Task description:
Look through the records below, and copy out every line that holds the string "starts".

Stored data entries:

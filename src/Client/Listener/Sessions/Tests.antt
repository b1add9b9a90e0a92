-- ===== src/Client/Listener/Sessions/Tests.antt =====
-- Two sessions with different identifiers, the first ended by its data channel.
use yamrp.Prelude.{List, Option, String, [], ap, none, refl, some, suc, sym, zero, ℕ, ◌∙◌, ◌∷◌, ◌≡◌}
use yamrp.Errors.{eof}
use yamrp.Schedules.{run}
use yamrp.Client.Listener.Sessions.{
  Event, Listener, channel_closes, finished, new_listener, signals, starts, step, stores, takes_eol,
}
use yamrp.Client.Listener.Sessions.Cleanup.{Fits}
use yamrp.Client.Listener.Sessions.Reachable.{proxies_closed_once}

-- Identifiers that differ: session n gets a text of n letters.
letters : ℕ → String
letters zero = ""
letters (suc n) = String.◌∷◌ "a" (letters n)

size : String → ℕ
size String.[] = 0
size (String.◌∷◌ c s) = suc (size s)

size-letters : (n : ℕ) → size (letters n) ≡ n
unfolding letters size
size-letters zero = refl
size-letters (suc n) = ap suc (size-letters n)

letters_distinct : (m n : ℕ) → letters m ≡ letters n → m ≡ n
letters_distinct m n e = sym (size-letters m) ∙ (ap size e ∙ size-letters n)

abbrev reached : Option Listener → Listener
reached none = new_listener
reached (some s) = s

abbrev session : List Event
session = starts ∷ starts ∷ stores 1 ∷ channel_closes 1 ∷ signals 1 (some eof) ∷ takes_eol 1 ∷ []

abbrev over : Listener
over = reached (run (step letters) session new_listener)

proxies_closed_once_example :
    Fits (over.proxies (letters 1)) (over.sessions 1).closes (over.sessions 1).place
unfolding run step new_listener letters
proxies_closed_once_example = proxies_closed_once letters letters_distinct session 1 {s = over} refl

closed_by_channel : ((over.sessions 1).place ≡ finished) × ((over.sessions 1).closes ≡ 1)
unfolding run step new_listener letters
closed_by_channel = (refl, refl)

Answer:
  Event, Listener, channel_closes, finished, new_listener, signals, starts, step, stores, takes_eol,
session = starts ∷ starts ∷ stores 1 ∷ channel_closes 1 ∷ signals 1 (some eof) ∷ takes_eol 1 ∷ []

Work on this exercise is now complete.